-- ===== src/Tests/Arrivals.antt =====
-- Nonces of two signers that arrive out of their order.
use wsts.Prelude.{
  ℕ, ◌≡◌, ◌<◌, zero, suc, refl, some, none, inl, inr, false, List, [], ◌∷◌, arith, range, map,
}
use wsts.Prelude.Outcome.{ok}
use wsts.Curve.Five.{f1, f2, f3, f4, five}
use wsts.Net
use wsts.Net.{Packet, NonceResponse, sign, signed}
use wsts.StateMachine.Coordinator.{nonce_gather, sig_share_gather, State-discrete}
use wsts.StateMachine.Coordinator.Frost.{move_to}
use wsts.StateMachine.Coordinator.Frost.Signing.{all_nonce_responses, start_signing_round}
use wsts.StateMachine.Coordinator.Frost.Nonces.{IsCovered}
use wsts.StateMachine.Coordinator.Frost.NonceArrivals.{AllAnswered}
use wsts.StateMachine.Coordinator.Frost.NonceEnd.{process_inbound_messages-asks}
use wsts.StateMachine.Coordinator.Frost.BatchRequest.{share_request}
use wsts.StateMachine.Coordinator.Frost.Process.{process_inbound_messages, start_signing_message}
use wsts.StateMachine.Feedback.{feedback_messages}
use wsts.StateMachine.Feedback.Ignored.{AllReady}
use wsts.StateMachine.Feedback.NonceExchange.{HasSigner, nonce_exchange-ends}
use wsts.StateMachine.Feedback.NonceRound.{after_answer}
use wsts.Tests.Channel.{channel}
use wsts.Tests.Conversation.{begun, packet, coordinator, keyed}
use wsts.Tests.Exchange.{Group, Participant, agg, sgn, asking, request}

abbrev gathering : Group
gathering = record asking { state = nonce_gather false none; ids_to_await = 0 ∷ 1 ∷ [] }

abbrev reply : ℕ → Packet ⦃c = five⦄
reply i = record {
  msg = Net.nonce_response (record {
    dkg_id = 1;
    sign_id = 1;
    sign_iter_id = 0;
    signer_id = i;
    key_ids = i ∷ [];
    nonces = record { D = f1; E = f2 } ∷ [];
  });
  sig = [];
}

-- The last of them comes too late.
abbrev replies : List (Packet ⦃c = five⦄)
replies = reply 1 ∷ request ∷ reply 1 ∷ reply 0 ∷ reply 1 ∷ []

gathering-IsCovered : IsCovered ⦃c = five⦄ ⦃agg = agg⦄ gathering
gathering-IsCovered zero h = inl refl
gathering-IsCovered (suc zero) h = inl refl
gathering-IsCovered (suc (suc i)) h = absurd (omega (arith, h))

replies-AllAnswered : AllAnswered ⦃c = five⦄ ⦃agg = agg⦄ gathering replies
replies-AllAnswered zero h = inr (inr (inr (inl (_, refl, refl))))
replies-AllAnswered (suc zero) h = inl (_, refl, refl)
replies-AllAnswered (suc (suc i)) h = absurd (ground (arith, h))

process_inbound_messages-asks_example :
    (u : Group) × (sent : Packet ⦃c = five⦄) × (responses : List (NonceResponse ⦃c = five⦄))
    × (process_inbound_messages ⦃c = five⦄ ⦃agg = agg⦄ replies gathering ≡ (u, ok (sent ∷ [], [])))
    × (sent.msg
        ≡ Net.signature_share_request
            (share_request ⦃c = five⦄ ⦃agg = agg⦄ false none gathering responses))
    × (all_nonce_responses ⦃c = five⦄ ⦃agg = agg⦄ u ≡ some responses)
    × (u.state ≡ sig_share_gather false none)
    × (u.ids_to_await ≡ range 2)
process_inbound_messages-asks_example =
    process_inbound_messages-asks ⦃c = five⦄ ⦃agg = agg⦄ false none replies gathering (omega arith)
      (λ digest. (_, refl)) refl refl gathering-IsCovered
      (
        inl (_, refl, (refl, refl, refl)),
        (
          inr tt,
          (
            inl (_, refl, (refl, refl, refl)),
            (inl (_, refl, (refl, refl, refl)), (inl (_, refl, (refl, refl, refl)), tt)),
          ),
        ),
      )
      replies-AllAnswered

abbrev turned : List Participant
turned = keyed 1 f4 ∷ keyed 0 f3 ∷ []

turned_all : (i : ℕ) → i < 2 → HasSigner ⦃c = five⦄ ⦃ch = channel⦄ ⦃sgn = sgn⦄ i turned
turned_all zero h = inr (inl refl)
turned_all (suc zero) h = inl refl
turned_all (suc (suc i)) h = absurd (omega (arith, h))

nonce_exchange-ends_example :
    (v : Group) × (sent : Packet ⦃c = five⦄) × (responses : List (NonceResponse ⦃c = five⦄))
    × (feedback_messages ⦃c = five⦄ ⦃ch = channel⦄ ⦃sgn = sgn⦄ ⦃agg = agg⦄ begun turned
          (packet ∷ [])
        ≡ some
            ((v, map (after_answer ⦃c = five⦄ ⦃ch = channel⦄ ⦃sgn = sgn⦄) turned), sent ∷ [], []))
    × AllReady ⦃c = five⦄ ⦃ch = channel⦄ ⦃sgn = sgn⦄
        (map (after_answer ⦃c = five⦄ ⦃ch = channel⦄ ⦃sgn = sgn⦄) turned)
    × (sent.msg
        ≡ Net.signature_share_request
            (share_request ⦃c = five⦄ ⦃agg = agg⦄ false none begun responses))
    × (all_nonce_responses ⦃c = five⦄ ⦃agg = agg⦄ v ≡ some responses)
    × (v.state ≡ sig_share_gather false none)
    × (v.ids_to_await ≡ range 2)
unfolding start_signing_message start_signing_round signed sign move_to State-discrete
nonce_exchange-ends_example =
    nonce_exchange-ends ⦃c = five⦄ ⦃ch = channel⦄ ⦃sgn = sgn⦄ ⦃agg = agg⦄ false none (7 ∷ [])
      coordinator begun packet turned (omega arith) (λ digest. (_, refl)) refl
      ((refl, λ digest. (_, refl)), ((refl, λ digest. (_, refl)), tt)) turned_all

----------------------------------------

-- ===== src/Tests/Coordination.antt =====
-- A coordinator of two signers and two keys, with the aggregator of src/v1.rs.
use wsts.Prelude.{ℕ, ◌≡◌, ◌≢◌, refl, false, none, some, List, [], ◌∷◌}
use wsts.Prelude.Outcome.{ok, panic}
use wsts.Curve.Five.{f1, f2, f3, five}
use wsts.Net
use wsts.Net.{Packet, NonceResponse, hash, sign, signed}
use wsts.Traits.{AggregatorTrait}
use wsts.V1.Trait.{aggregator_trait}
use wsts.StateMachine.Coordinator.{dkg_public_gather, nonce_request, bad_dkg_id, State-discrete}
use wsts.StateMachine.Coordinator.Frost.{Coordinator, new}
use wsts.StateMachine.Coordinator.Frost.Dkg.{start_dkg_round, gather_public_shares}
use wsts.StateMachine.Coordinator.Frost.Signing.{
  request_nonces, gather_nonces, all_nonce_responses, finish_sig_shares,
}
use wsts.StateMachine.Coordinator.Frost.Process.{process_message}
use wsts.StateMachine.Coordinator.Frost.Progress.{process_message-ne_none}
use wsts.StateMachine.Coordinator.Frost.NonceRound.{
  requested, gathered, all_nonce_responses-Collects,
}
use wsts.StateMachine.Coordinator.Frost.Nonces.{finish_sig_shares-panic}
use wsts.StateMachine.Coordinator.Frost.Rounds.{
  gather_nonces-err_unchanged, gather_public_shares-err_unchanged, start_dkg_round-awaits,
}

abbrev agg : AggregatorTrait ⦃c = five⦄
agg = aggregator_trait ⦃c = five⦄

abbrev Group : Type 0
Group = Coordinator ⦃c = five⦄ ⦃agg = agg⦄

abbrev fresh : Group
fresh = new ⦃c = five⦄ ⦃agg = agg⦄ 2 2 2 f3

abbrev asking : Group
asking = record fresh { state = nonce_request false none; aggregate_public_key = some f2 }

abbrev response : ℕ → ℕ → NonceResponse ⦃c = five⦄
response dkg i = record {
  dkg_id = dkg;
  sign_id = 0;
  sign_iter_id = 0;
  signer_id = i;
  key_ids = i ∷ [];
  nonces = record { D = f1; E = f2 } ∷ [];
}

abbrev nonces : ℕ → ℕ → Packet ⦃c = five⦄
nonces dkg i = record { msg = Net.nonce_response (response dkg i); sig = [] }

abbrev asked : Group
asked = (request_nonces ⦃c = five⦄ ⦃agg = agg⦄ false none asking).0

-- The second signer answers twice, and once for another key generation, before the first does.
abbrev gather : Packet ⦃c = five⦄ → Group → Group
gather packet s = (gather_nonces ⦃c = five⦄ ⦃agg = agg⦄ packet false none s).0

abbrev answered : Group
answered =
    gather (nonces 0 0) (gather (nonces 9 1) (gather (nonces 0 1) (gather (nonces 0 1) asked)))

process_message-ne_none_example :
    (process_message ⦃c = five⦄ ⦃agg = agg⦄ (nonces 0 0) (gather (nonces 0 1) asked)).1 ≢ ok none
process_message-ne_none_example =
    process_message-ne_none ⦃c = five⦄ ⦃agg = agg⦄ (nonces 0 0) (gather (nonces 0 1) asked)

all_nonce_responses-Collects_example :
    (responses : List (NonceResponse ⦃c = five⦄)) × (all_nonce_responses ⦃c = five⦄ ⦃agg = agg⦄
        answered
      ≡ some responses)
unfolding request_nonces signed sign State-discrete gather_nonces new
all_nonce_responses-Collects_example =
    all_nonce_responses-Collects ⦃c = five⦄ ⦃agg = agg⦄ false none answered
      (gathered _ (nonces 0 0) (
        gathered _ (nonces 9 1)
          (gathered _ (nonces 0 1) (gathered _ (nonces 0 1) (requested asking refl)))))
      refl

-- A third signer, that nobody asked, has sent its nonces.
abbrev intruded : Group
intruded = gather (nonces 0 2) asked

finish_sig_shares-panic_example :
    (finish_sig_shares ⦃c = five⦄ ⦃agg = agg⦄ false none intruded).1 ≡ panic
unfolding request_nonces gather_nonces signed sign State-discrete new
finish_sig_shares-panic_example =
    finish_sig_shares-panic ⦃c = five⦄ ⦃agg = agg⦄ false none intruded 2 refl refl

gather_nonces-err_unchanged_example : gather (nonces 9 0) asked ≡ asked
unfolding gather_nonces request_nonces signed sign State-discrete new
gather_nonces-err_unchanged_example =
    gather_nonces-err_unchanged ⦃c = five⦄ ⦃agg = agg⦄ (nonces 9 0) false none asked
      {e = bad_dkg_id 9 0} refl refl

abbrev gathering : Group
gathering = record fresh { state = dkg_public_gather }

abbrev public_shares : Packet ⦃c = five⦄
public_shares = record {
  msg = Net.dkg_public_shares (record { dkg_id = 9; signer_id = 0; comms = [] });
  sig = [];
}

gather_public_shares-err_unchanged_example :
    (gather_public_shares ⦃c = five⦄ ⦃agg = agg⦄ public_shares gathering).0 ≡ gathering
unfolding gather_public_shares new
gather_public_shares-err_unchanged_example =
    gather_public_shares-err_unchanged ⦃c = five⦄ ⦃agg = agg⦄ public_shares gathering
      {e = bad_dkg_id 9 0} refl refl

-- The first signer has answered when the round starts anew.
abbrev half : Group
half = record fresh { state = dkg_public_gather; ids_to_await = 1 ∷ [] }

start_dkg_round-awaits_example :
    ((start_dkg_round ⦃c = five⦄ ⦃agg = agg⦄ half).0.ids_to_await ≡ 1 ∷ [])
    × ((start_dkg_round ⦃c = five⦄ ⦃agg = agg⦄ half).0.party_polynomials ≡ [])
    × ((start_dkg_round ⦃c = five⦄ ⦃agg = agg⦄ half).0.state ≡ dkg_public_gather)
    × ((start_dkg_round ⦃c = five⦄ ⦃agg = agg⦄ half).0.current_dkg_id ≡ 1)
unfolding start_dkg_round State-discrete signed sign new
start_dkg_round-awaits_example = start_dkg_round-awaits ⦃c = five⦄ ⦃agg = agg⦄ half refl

----------------------------------------

-- Problem statement --
Reproduce each line in the listing above that mentions the string "fresh".

-- Task response --
abbrev fresh : Group
fresh = new ⦃c = five⦄ ⦃agg = agg⦄ 2 2 2 f3
asking = record fresh { state = nonce_request false none; aggregate_public_key = some f2 }
gathering = record fresh { state = dkg_public_gather }
half = record fresh { state = dkg_public_gather; ids_to_await = 1 ∷ [] }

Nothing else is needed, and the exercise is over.